> _DATA SUPPLIED_
* * * * * * * * *
-- ===== src/Notifier/Bus.antt =====
-- notifier/bus.go. A subscriber, a channel and an ingress function are known by their number; what is
-- done under the mutex is one step. Publish starts a goroutine for each callback, so that here it
-- says which callbacks it has started; `callback_wg` counts those that have not returned.
pub mod Delivery
use cloudhost_firewall_autou.Common.{
  ℕ, suc, ◌+◌, ◌-◌, Bool, true, false, Option, none, some, List, [], ◌∷◌, ◌++◌, map, length, ltb,
  ◌==◌, nat_eq, if◌then◌else◌, update, select, not,
}
use cloudhost_firewall_autou.Notifier.{EventType, event_number, Event}

abbrev pub channel_capacity : ℕ
channel_capacity = 32

-- The maps are keyed by the number of the event's type.
pub record EventBus (D : Type 0) : Type 0 where
  pub subscribers : ℕ → List ℕ
  pub callbacks_stopped : Bool
  pub callback_wg : ℕ
  pub chan_subs : List (ℕ × List (Event D))
  pub next_id : ℕ
  pub ingress : ℕ → List ℕ

unfoldable pub remove_first : ℕ → List ℕ → List ℕ
remove_first sub [] = []
remove_first sub (s ∷ subs) =
    let rest = remove_first sub subs in if s == sub then subs else s ∷ rest

module _ {D : Type 0} where
  abbrev pub new_event_bus : EventBus D
  new_event_bus = record {
    subscribers = λ t. [];
    callbacks_stopped = false;
    callback_wg = 0;
    chan_subs = [];
    next_id = 0;
    ingress = λ t. [];
  }

  unfoldable pub subscribe : EventType → ℕ → EventBus D → EventBus D
  subscribe t sub b = record b {
    subscribers =
        update b.subscribers (event_number t) (b.subscribers (event_number t) ++ sub ∷ []);
  }

  unfoldable pub unsubscribe : EventType → ℕ → EventBus D → EventBus D
  unsubscribe t sub b = record b {
    subscribers =
        update b.subscribers (event_number t) (remove_first sub (b.subscribers (event_number t)));
  }

  -- A new channel, with its number, by which the returned function removes it.
  unfoldable pub subscribe_chan : EventBus D → ℕ × EventBus D
  subscribe_chan b =
      (b.next_id, record b { chan_subs = (b.next_id, []) ∷ b.chan_subs; next_id = b.next_id + 1 })

  unfoldable pub unsubscribe_chan : ℕ → EventBus D → EventBus D
  unsubscribe_chan id b = record b { chan_subs = select (λ c. not (c.0 == id)) b.chan_subs }

  unfoldable pub subscribe_ingress : EventType → EventBus D → ℕ × EventBus D
  subscribe_ingress t b = (
    b.next_id,
    record b {
      ingress = update b.ingress (event_number t) (b.next_id ∷ b.ingress (event_number t));
      next_id = b.next_id + 1;
    },
  )

  unfoldable pub unsubscribe_ingress : EventType → ℕ → EventBus D → EventBus D
  unsubscribe_ingress t id b = record b {
    ingress =
        update b.ingress (event_number t)
          (select (λ i. not (i == id)) (b.ingress (event_number t)));
  }

  -- A full channel misses the event.
  abbrev pub offer : Event D → ℕ × List (Event D) → ℕ × List (Event D)
  offer e (id, queue) =
      if ltb (length queue) channel_capacity then (id, queue ++ e ∷ []) else (id, queue)

  -- What a publication starts or calls: the callbacks, and the ingress functions.
  unfoldable pub started : Event D → EventBus D → List ℕ
  started e b = if b.callbacks_stopped then [] else b.subscribers (event_number e.event_type)

  unfoldable pub enqueued : Event D → EventBus D → List ℕ
  enqueued e b = b.ingress (event_number e.event_type)

  unfoldable pub publish : Event D → EventBus D → EventBus D
  publish e b = record b {
    callback_wg = b.callback_wg + length (started e b);
    chan_subs = map (offer e) b.chan_subs;
  }

  -- A callback returns.
  unfoldable pub callback_done : EventBus D → EventBus D
  callback_done b = record b { callback_wg = b.callback_wg - 1 }

  -- The part of DrainSubscribers before its wait.
  unfoldable pub drain_subscribers : EventBus D → EventBus D
  drain_subscribers b = record b { callbacks_stopped = true }
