-- ===== src/Webui/LogQueue.antt =====
-- webui/api/logqueue.go: the ring of pending records, with its production capacity. What is done under
-- the mutex is one function; the writes, the reports and the deadline's clock are left out.
pub mod Fifo
use cloudhost_firewall_autou.Common.{
  ℕ, ◌+◌, ◌-◌, ◌%◌, ◌^◌, Bool, true, false, Option, none, some, ◌==◌, nat_eq, ltb, if◌then◌else◌,
  update,
}

abbrev pub log_queue_capacity : ℕ
log_queue_capacity = 256

pub record QueuedLogWriter (L : Type 0) : Type 0 where
  pub ring : ℕ → Option L
  pub head : ℕ
  pub size : ℕ
  pub accepting : Bool
  pub expired : Bool
  pub overflow : ℕ
  pub abandoned : ℕ

module _ {L : Type 0} where
  abbrev pub new_queue : QueuedLogWriter L
  new_queue = record {
    ring = λ i. none;
    head = 0;
    size = 0;
    accepting = true;
    expired = false;
    overflow = 0;
    abandoned = 0;
  }

  -- The oldest record leaves a slot, which is cleared.
  unfoldable pub drop_head : QueuedLogWriter L → QueuedLogWriter L
  drop_head q = record q {
    ring = update q.ring q.head none;
    head = (q.head + 1) % log_queue_capacity;
    size = q.size - 1;
  }

  unfoldable pub make_room : QueuedLogWriter L → QueuedLogWriter L
  make_room q =
      if q.size == log_queue_capacity
      then record (drop_head q) { overflow = (q.overflow + 1) % 2 ^ 64 }
      else q

  unfoldable pub add_tail : L → QueuedLogWriter L → QueuedLogWriter L
  add_tail log q = record q {
    ring = update q.ring ((q.head + q.size) % log_queue_capacity) (some log);
    size = q.size + 1;
  }

  -- Enqueue of an event that has a record.
  unfoldable pub enqueue : L → QueuedLogWriter L → QueuedLogWriter L
  enqueue log q = if q.accepting then add_tail log (make_room q) else q

  -- The part of the worker's loop that takes the next record.
  unfoldable pub take_next : QueuedLogWriter L → Option L × QueuedLogWriter L
  take_next q = if ltb 0 q.size then (q.ring q.head, drop_head q) else (none, q)

  unfoldable pub expire : QueuedLogWriter L → QueuedLogWriter L
  expire q = if q.expired then q else record q {
    expired = true;
    accepting = false;
    abandoned = (q.abandoned + q.size) % 2 ^ 64;
    ring = λ i. none;
    size = 0;
  }

  -- The part of Stop under the lock.
  unfoldable pub stop_accepting : QueuedLogWriter L → QueuedLogWriter L
  stop_accepting q = record q { accepting = false }
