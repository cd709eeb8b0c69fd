-- ===== src/Webui/LogQueue/Fifo.antt =====
-- The ring is a queue of at most 256 records that forgets the oldest ones.
use cloudhost_firewall_autou.Common.{
  ℕ, zero, suc, ◌+◌, ◌-◌, ◌%◌, ◌≤◌, ◌<◌, ◌≡◌, ◌≢◌, refl, sym, ap, ◌∙◌, subst, true, false, Option,
  none, some, List, [], ◌∷◌, ◌++◌, foldl, length, drop, ◌==◌, nat_eq, ==-eq_false, ==_refl, ltb,
  if◌then◌else◌, update, arith, Bool-cases, inl, inr, ==_iff,
}
use cloudhost_firewall_autou.Webui.LogQueue

below_full : (n : ℕ) → n ≤ 256 → (n == 256) ≡ false → n < 256
below_full n few differ = ground arith

ltb_pos : (n : ℕ) → ltb 0 n ≡ true → 0 < n
ltb_pos n t = ground arith

module _ {L : Type 0} where
  -- The records from a place of the ring on.
  pub gather : (ℕ → Option L) → ℕ → ℕ → List (Option L)
  gather ring h zero = []
  gather ring h (suc n) = ring (h % 256) ∷ gather ring (h + 1) n

  length-gather : (ring : ℕ → Option L) (h n : ℕ) → length (gather ring h n) ≡ n
  unfolding gather
  length-gather ring h zero = refl
  length-gather ring h (suc n) = ap suc (length-gather ring (h + 1) n)

  gather-snoc :
      (ring : ℕ → Option L) (h n : ℕ)
      → gather ring h (suc n) ≡ gather ring h n ++ ring ((h + n) % 256) ∷ []
  unfolding gather
  gather-snoc ring h zero = ap (λ k. ring k ∷ []) (omega arith)
  gather-snoc ring h (suc n) =
      ap (λ t. ring (h % 256) ∷ t)
        (gather-snoc ring (h + 1) n ∙ ap (λ k. gather ring (h + 1) n ++ ring k ∷ []) (omega arith))

  gather-mod :
      (ring : ℕ → Option L) (h k n : ℕ) → h % 256 ≡ k % 256 → gather ring h n ≡ gather ring k n
  unfolding gather
  gather-mod ring h k zero e = refl
  gather-mod ring h k (suc n) e = rw (e, gather-mod ring (h + 1) (k + 1) n (omega (arith, e))) refl

  -- A change behind the records that are gathered is not seen.
  gather-update :
      (ring : ℕ → Option L) (v : Option L) (k h n : ℕ)
      → n ≤ 255
      → ((m : ℕ) → m < n → (h + m) % 256 ≢ k)
      → gather (update ring k v) h n ≡ gather ring h n
  unfolding gather
  gather-update ring v k h zero few away = refl
  gather-update ring v k h (suc n) few away =
      let first =
        ==-eq_false (h % 256) k (λ e. away 0 (omega arith) (ap (λ x. x % 256) (omega arith) ∙ e)) in
      let rest =
        gather-update ring v k (h + 1) n (omega (arith, few))
          (λ m lt e. away (m + 1) (omega (arith, lt)) (ap (λ x. x % 256) (omega arith) ∙ e)) in
      rw (first, rest) refl

  -- What the ring holds, the oldest record first.
  abbrev pub entries : LogQueue.QueuedLogWriter L → List (Option L)
  entries q = gather q.ring q.head q.size

  record IsRing (q : LogQueue.QueuedLogWriter L) : Type 0 where
    in_ring : q.head < 256
    bounded : q.size ≤ 256

  drop-gather :
      (ring : ℕ → Option L) (h m : ℕ)
      → h < 256
      → m ≤ 255
      → gather (update ring h none) ((h + 1) % 256) m ≡ drop 1 (gather ring h (suc m))
  unfolding gather
  drop-gather ring h m inside few =
      gather-mod (update ring h none) ((h + 1) % 256) (h + 1) m (omega arith)
      ∙ gather-update ring none h (h + 1) m few (λ j lt e. omega (arith, inside, few, lt, e))

  drop_head-entries :
      (q : LogQueue.QueuedLogWriter L)
      → IsRing q
      → 0 < q.size
      → (entries (LogQueue.drop_head q) ≡ drop 1 (entries q)) × IsRing (LogQueue.drop_head q)
  unfolding LogQueue.drop_head
  drop_head-entries q ok some_left = (
    drop-gather q.ring q.head (q.size - 1) ok.in_ring (omega (arith, ok.bounded))
        ∙ ap (λ n. drop 1 (gather q.ring q.head n)) (omega (arith, some_left)),
    record { in_ring = omega arith; bounded = omega (arith, ok.bounded) },
  )

  add-gather :
      (ring : ℕ → Option L) (v : Option L) (h n : ℕ)
      → n < 256
      → gather (update ring ((h + n) % 256) v) h (suc n) ≡ gather ring h n ++ v ∷ []
  add-gather ring v h n room =
      gather-snoc (update ring ((h + n) % 256) v) h n
      ∙ rw
          (
            gather-update ring v ((h + n) % 256) h n (omega (arith, room))
                (λ m lt e. omega (arith, room, lt, e)),
            ==_refl ((h + n) % 256),
          )
          refl

  add_tail-entries :
      (q : LogQueue.QueuedLogWriter L) (log : L)
      → q.head < 256
      → q.size < 256
      → (entries (LogQueue.add_tail log q) ≡ entries q ++ some log ∷ [])
        × IsRing (LogQueue.add_tail log q)
  unfolding LogQueue.add_tail
  add_tail-entries q log ok room = (
    ap (λ n. gather (update q.ring ((q.head + q.size) % 256) (some log)) q.head n) (omega arith)
        ∙ add-gather q.ring (some log) q.head q.size room,
    record { in_ring = ok; bounded = omega (arith, room) },
  )

  length-entries : (q : LogQueue.QueuedLogWriter L) → length (entries q) ≡ q.size
  length-entries q = length-gather q.ring q.head q.size

  -- The list that the ring stands for, without its oldest record when it is full.
  abbrev trim : List (Option L) → List (Option L)
  trim xs = if length xs == 256 then drop 1 xs else xs

  make_room-entries :
      (q : LogQueue.QueuedLogWriter L)
      → IsRing q
      → (entries (LogQueue.make_room q) ≡ trim (entries q))
        × IsRing (LogQueue.make_room q)
        × (LogQueue.make_room q).size < 256
  unfolding LogQueue.make_room LogQueue.drop_head
  make_room-entries q ok = elim (Bool-cases (q.size == 256)) [
    | inl full ↦
        let dropped = drop_head-entries q ok (omega (arith, (==_iff q.size 256).0 full)) in
        rw (length-entries q, full)
          (
            dropped.0,
            record { in_ring = dropped.1.in_ring; bounded = dropped.1.bounded },
            omega (arith, ok.bounded),
          )
    | inr room ↦ rw (length-entries q, room) (refl, ok, below_full q.size ok.bounded room)
  ]

  enqueue-open :
      (q : LogQueue.QueuedLogWriter L) (log : L)
      → q.accepting ≡ true
      → LogQueue.enqueue log q ≡ LogQueue.add_tail log (LogQueue.make_room q)
  unfolding LogQueue.enqueue
  enqueue-open q log open_ =
      ap (λ b. if b then LogQueue.add_tail log (LogQueue.make_room q) else q) open_

  enqueue-entries :
      (q : LogQueue.QueuedLogWriter L) (log : L)
      → IsRing q
      → q.accepting ≡ true
      → (entries (LogQueue.enqueue log q) ≡ trim (entries q) ++ some log ∷ [])
        × IsRing (LogQueue.enqueue log q)
  enqueue-entries q log ok open_ =
      let opened = enqueue-open q log open_ in
      let made = make_room-entries q ok in
      let added = add_tail-entries (LogQueue.make_room q) log made.1.in_ring made.2 in
      (
        ap entries opened ∙ added.0 ∙ ap (λ ys. ys ++ some log ∷ []) made.0,
        subst IsRing (sym opened) added.1,
      )

  abbrev pub first_of : List (Option L) → Option L
  first_of [] = none
  first_of (x ∷ xs) = x

  first-gather :
      (ring : ℕ → Option L) (h n : ℕ) → h < 256 → 0 < n → ring h ≡ first_of (gather ring h n)
  unfolding gather
  first-gather ring h zero inside some_left = absurd (omega (arith, some_left))
  first-gather ring h (suc n) inside some_left = ap ring (omega (arith, inside))

  gather-none : (ring : ℕ → Option L) (h n : ℕ) → ltb 0 n ≡ false → gather ring h n ≡ []
  unfolding gather
  gather-none ring h zero empty = refl
  gather-none ring h (suc n) empty = ground arith

  take_next-entries :
      (q : LogQueue.QueuedLogWriter L)
      → IsRing q
      → ((LogQueue.take_next q).0 ≡ first_of (entries q))
        × (entries (LogQueue.take_next q).1 ≡ drop 1 (entries q))
        × IsRing (LogQueue.take_next q).1
  unfolding LogQueue.take_next
  take_next-entries q ok = elim (Bool-cases (ltb 0 q.size)) [
    | inl waiting ↦
        let some_left = ltb_pos q.size waiting in
        let dropped = drop_head-entries q ok some_left in
        rw waiting (first-gather q.ring q.head q.size ok.in_ring some_left, dropped.0, dropped.1)
    | inr empty ↦
        let gone = gather-none q.ring q.head q.size empty in
        rw empty (sym (ap first_of gone), gone ∙ sym (ap (drop 1) gone), ok)
  ]

  accepting-enqueue :
      (q : LogQueue.QueuedLogWriter L) (log : L) → (LogQueue.enqueue log q).accepting ≡ q.accepting
  unfolding LogQueue.enqueue LogQueue.make_room LogQueue.add_tail LogQueue.drop_head
  accepting-enqueue q log = ground arith

  accepting-take_next :
      (q : LogQueue.QueuedLogWriter L) → (LogQueue.take_next q).1.accepting ≡ q.accepting
  unfolding LogQueue.take_next LogQueue.drop_head
  accepting-take_next q = ground arith

-- What the event bus and the worker do to a queue that is not stopped.
pub data QueueOp (L : Type 0) : Type 0 where
  put : L → QueueOp L
  take_out : QueueOp L

module _ {L : Type 0} where
  pub apply : LogQueue.QueuedLogWriter L → QueueOp L → LogQueue.QueuedLogWriter L
  apply q (put log) = LogQueue.enqueue log q
  apply q take_out = (LogQueue.take_next q).1

  -- The same on a list.
  pub apply_spec : List (Option L) → QueueOp L → List (Option L)
  apply_spec xs (put log) = trim xs ++ some log ∷ []
  apply_spec xs take_out = drop 1 xs

  record Good (q : LogQueue.QueuedLogWriter L) : Type 0 where
    ring_ok : IsRing q
    open_ : q.accepting ≡ true

  apply-entries :
      (q : LogQueue.QueuedLogWriter L) (op : QueueOp L)
      → Good q
      → (entries (apply q op) ≡ apply_spec (entries q) op) × Good (apply q op)
  unfolding apply apply_spec
  apply-entries q (put log) g =
      let now = enqueue-entries q log g.ring_ok g.open_ in
      (now.0, record { ring_ok = now.1; open_ = accepting-enqueue q log ∙ g.open_ })
  apply-entries q take_out g =
      let now = take_next-entries q g.ring_ok in
      (now.1, record { ring_ok = now.2; open_ = accepting-take_next q ∙ g.open_ })

  foldl-apply :
      (q : LogQueue.QueuedLogWriter L) (ops : List (QueueOp L))
      → Good q
      → (entries (foldl apply q ops) ≡ foldl apply_spec (entries q) ops) × Good (foldl apply q ops)
  foldl-apply q [] g = (refl, g)
  foldl-apply q (op ∷ ops) g =
      let now = apply-entries q op g in
      let rest = foldl-apply (apply q op) ops now.1 in
      (rest.0 ∙ ap (λ xs. foldl apply_spec xs ops) now.0, rest.1)

  -- From a new queue, after any sequence of events that are put in and records that are taken out before
  -- the queue is stopped, the ring holds exactly what a list holds to which each event is added at the
  -- end, after its first record is dropped when it has 256, and from which each take removes the first
  -- record; the next record that the worker takes is the first of that list, and there are at most 256.
  pub apply-refined :
      (ops : List (QueueOp L))
      → (entries (foldl apply LogQueue.new_queue ops) ≡ foldl apply_spec [] ops)
        × ((LogQueue.take_next (foldl apply LogQueue.new_queue ops)).0
            ≡ first_of (foldl apply_spec [] ops))
        × (foldl apply LogQueue.new_queue ops).size ≤ 256
  unfolding gather
  apply-refined ops =
      let all = foldl-apply LogQueue.new_queue ops (record {
        ring_ok = record { in_ring = omega arith; bounded = omega arith };
        open_ = refl;
      }) in
      let next = take_next-entries (foldl apply LogQueue.new_queue ops) all.1.ring_ok in
      (all.0, next.0 ∙ ap first_of all.0, all.1.ring_ok.bounded)
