-- ===== src/Notifier/Bus/Delivery.antt =====
-- What a channel of the bus receives.
use cloudhost_firewall_autou.Common.{
  ℕ, zero, suc, subst, ◌≤◌, ◌≡◌, refl, sym, ap, ◌∙◌, List, [], ◌∷◌, ◌++◌, map, foldl, length, ltb,
  nat_eq, arith, take, append-nil, append_assoc, length-append, Bool-cases, inl, inr, Memᴰ,
}
use cloudhost_firewall_autou.Notifier.{Event}
use cloudhost_firewall_autou.Notifier.Bus

module _ {ℓ} {A : Type ℓ} where
  take_of_le : (n : ℕ) (xs : List A) → length xs ≤ n → take n xs ≡ xs
  take_of_le zero [] h = refl
  take_of_le zero (x ∷ xs) h = absurd (omega (arith, h))
  take_of_le (suc n) [] h = refl
  take_of_le (suc n) (x ∷ xs) h = ap (λ t. x ∷ t) (take_of_le n xs (omega (arith, h)))

  take-append_full : (xs ys : List A) → take (length xs) (xs ++ ys) ≡ xs
  take-append_full [] ys = refl
  take-append_full (x ∷ xs) ys = ap (λ t. x ∷ t) (take-append_full xs ys)

  map_ext : (f g : A → A) (xs : List A) → ((x : A) → Memᴰ x xs → f x ≡ g x) → map f xs ≡ map g xs
  map_ext f g [] h = refl
  map_ext f g (x ∷ xs) h = rw (h x (Memᴰ.head refl), map_ext f g xs (λ y m. h y (Memᴰ.tail m))) refl

  map_same : (xs : List A) → map (λ x. x) xs ≡ xs
  map_same [] = refl
  map_same (x ∷ xs) = ap (λ t. x ∷ t) (map_same xs)

  map-map : (f g : A → A) (xs : List A) → map f (map g xs) ≡ map (λ x. f (g x)) xs
  map-map f g [] = refl
  map-map f g (x ∷ xs) = ap (λ t. f (g x) ∷ t) (map-map f g xs)

module _ {D : Type 0} where
  abbrev pub publish_all : Bus.EventBus D → List (Event D) → Bus.EventBus D
  publish_all = foldl (λ b e. Bus.publish e b)

  abbrev offers : ℕ × List (Event D) → List (Event D) → ℕ × List (Event D)
  offers = foldl (λ c e. Bus.offer e c)

  publish_all-chan_subs :
      (es : List (Event D)) (b : Bus.EventBus D)
      → (publish_all b es).chan_subs ≡ map (λ c. offers c es) b.chan_subs
  unfolding Bus.publish
  publish_all-chan_subs [] b = sym (map_same b.chan_subs)
  publish_all-chan_subs (e ∷ es) b =
      publish_all-chan_subs es (Bus.publish e b)
      ∙ map-map (λ c. offers c es) (Bus.offer e) b.chan_subs

  full_queue : (queue es : List (Event D)) → length queue ≡ 32 → take 32 (queue ++ es) ≡ queue
  full_queue queue es n = subst (λ k. take k (queue ++ es) ≡ queue) n (take-append_full queue es)

  offers_lem :
      (es : List (Event D)) (id : ℕ) (queue : List (Event D))
      → length queue ≤ 32
      → offers (id, queue) es ≡ (id, take 32 (queue ++ es))
  offers_lem [] id queue h = rw (append-nil queue) (ap (λ q. (id, q)) (sym (take_of_le 32 queue h)))
  offers_lem (e ∷ es) id queue h = elim (Bool-cases (ltb (length queue) 32)) [
    | inl room ↦
        let fits =
          offers_lem es id (queue ++ e ∷ []) (ground (arith, length-append queue (e ∷ []))) in
        rw room (fits ∙ ap (λ q. (id, take 32 q)) (append_assoc queue (e ∷ []) es))
    | inr full ↦
        let n : length queue ≡ 32 = ground arith in
        rw full (
          offers_lem es id queue h
          ∙ ap (λ q. (id, q)) (full_queue queue es n ∙ sym (full_queue queue (e ∷ es) n)))
  ]

  -- Of the events that are published while nobody reads, each channel holds, behind what it held, the
  -- first that fit in its 32 places, in order; no channel is added or lost.
  pub publish_all-exact :
      (es : List (Event D)) (b : Bus.EventBus D)
      → ((c : ℕ × List (Event D)) → Memᴰ c b.chan_subs → length c.1 ≤ 32)
      → (publish_all b es).chan_subs ≡ map (λ c. (c.0, take 32 (c.1 ++ es))) b.chan_subs
  publish_all-exact es b full =
      publish_all-chan_subs es b
      ∙ map_ext (λ c. offers c es) (λ c. (c.0, take 32 (c.1 ++ es))) b.chan_subs
          (λ c m. offers_lem es c.0 c.1 (full c m))
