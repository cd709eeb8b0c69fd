-- ===== src/Examples/Alerts.antt =====
-- Health checks, notifications that are dropped, and the queue of records.
use cloudhost_firewall_autou.Common.{
  ◌≡◌, ◌≤◌, ◌+◌, ℕ, refl, true, false, none, some, not, if◌then◌else◌, nat_eq, List, [], ◌∷◌, ◌++◌,
  map, foldl, length, take, arith, update, total, Memᴰ, ◌&&◌,
}
use cloudhost_firewall_autou.Strings.{codes}
use cloudhost_firewall_autou.Strconv.{pos}
use cloudhost_firewall_autou.Syncer.Round.{round_failed}
use cloudhost_firewall_autou.Health.Checker
use cloudhost_firewall_autou.Health.Checker.Collected.{has_reason, applies}
use cloudhost_firewall_autou.Health.Checker.Reasons.{reasons_exact}
use cloudhost_firewall_autou.Health.Supervisor
use cloudhost_firewall_autou.Health.Supervisor.Episodes.{Check, after, fired_since, publish_exact}
use cloudhost_firewall_autou.Notifier.{Event, dns_failed, sync_start, sync_error}
use cloudhost_firewall_autou.Notifier.InFlight
use cloudhost_firewall_autou.Notifier.InFlight.Slots
use cloudhost_firewall_autou.Notifier.InFlight.Slots.{slots_exact}
use cloudhost_firewall_autou.Notifier.InFlight.Drops.{
  Op, drop, flush, run, events_of, counted, drops_accounted,
}
use cloudhost_firewall_autou.Notifier.Bus
use cloudhost_firewall_autou.Webui.LogQueue
use cloudhost_firewall_autou.Webui.LogQueue.Fifo.{
  QueueOp, put, take_out, apply, apply_spec, entries, first_of, apply-refined,
}
use cloudhost_firewall_autou.Notifier.Bus.Delivery.{publish_all, publish_all-exact}

abbrev failing : Checker.Reading
failing = record {
  now = 900;
  ping_ok = true;
  status = record {
    running = true;
    enabled = true;
    last_sync = some 800;
    last_outcome = some round_failed;
    round_started_at = none;
    process_started_at = 0;
    started_at = some 1;
  };
  health_timeout = 600;
  interval = 60;
  startup_grace = 0;
}

reasons_exact_example :
    has_reason (Checker.evaluate failing).reasons Checker.reason_last_round_failed
    ≡ applies failing Checker.reason_last_round_failed
reasons_exact_example = reasons_exact failing Checker.reason_last_round_failed

abbrev sick : Checker.Result
sick = record { healthy = false; checked_at = 900; reasons = Checker.reason_last_round_failed ∷ [] }

abbrev muted : Check
muted = record { result = sick; trigger = false }

abbrev loud : Check
loud = record { result = sick; trigger = true }

publish_exact_example :
    (Supervisor.check (foldl after Supervisor.new_supervisor (muted ∷ [])) sick true).1
    ≡ (if not sick.healthy && (true && not (fired_since (muted ∷ []))) then some sick else none)
publish_exact_example = publish_exact (muted ∷ []) loud

abbrev fresh : Slots.System
fresh = record { limiter = InFlight.new_in_flight_limiter (pos 1); token = λ i. InFlight.unused }

abbrev taken : Slots.System
taken = record {
  limiter = (InFlight.acquire fresh.limiter).0;
  token = update fresh.token 0 (InFlight.acquire fresh.limiter).1;
}

abbrev full : Slots.System
full = record {
  limiter = (InFlight.acquire taken.limiter).0;
  token = update taken.token 1 (InFlight.acquire taken.limiter).1;
}

full-Reach : Slots.Reach 2 (pos 1) full
full-Reach =
    Slots.later (Slots.later Slots.start (Slots.take 0 (omega arith) refl))
      (Slots.take 1 (omega arith) refl)

slots_exact_example :
    (full.limiter.slots ≡ total Slots.holds 2 full.token)
    × (full.limiter.slots ≤ full.limiter.capacity)
slots_exact_example = slots_exact full-Reach

abbrev dropped : List Op
dropped =
    drop (codes "email") dns_failed
    ∷ drop (codes "slack") sync_error
    ∷ drop (codes "slack") sync_start
    ∷ flush
    ∷ []

drops_accounted_example :
    (run (InFlight.new_in_flight_limiter (pos 4)) dropped).0
      + events_of (run (InFlight.new_in_flight_limiter (pos 4)) dropped).1.drops
    ≡ counted dropped
drops_accounted_example = drops_accounted (pos 4) dropped (omega arith)

abbrev event : ℕ → Event ℕ
event n = record { event_type = sync_start; timestamp = n; payload = n }

abbrev listening : Bus.EventBus ℕ
listening = record Bus.new_event_bus { chan_subs = (0, event 1 ∷ []) ∷ []; next_id = 1 }

short_queues : (c : ℕ × List (Event ℕ)) → Memᴰ c listening.chan_subs → length c.1 ≤ 32
short_queues c (Memᴰ.head e) = rw e (omega arith)
short_queues c (Memᴰ.tail m) = elim m [ ]

publish_all-exact_example :
    (publish_all listening (event 2 ∷ event 3 ∷ [])).chan_subs
    ≡ map (λ c. (c.0, take 32 (c.1 ++ (event 2 ∷ event 3 ∷ [])))) listening.chan_subs
publish_all-exact_example = publish_all-exact (event 2 ∷ event 3 ∷ []) listening short_queues

abbrev queued : List (QueueOp ℕ)
queued = put 1 ∷ put 2 ∷ take_out ∷ put 3 ∷ []

apply-refined_example :
    (entries (foldl apply LogQueue.new_queue queued) ≡ foldl apply_spec [] queued)
    × ((LogQueue.take_next (foldl apply LogQueue.new_queue queued)).0
        ≡ first_of (foldl apply_spec [] queued))
    × (foldl apply LogQueue.new_queue queued).size ≤ 256
apply-refined_example = apply-refined queued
* * * * * * * * *
> _ABOUT THIS EXERCISE_
Return every line of the preceding records in which the word "Supervisor" appears.

> _ANSWER TO THE PROBLEM_
use cloudhost_firewall_autou.Health.Supervisor
use cloudhost_firewall_autou.Health.Supervisor.Episodes.{Check, after, fired_since, publish_exact}
    (Supervisor.check (foldl after Supervisor.new_supervisor (muted ∷ [])) sick true).1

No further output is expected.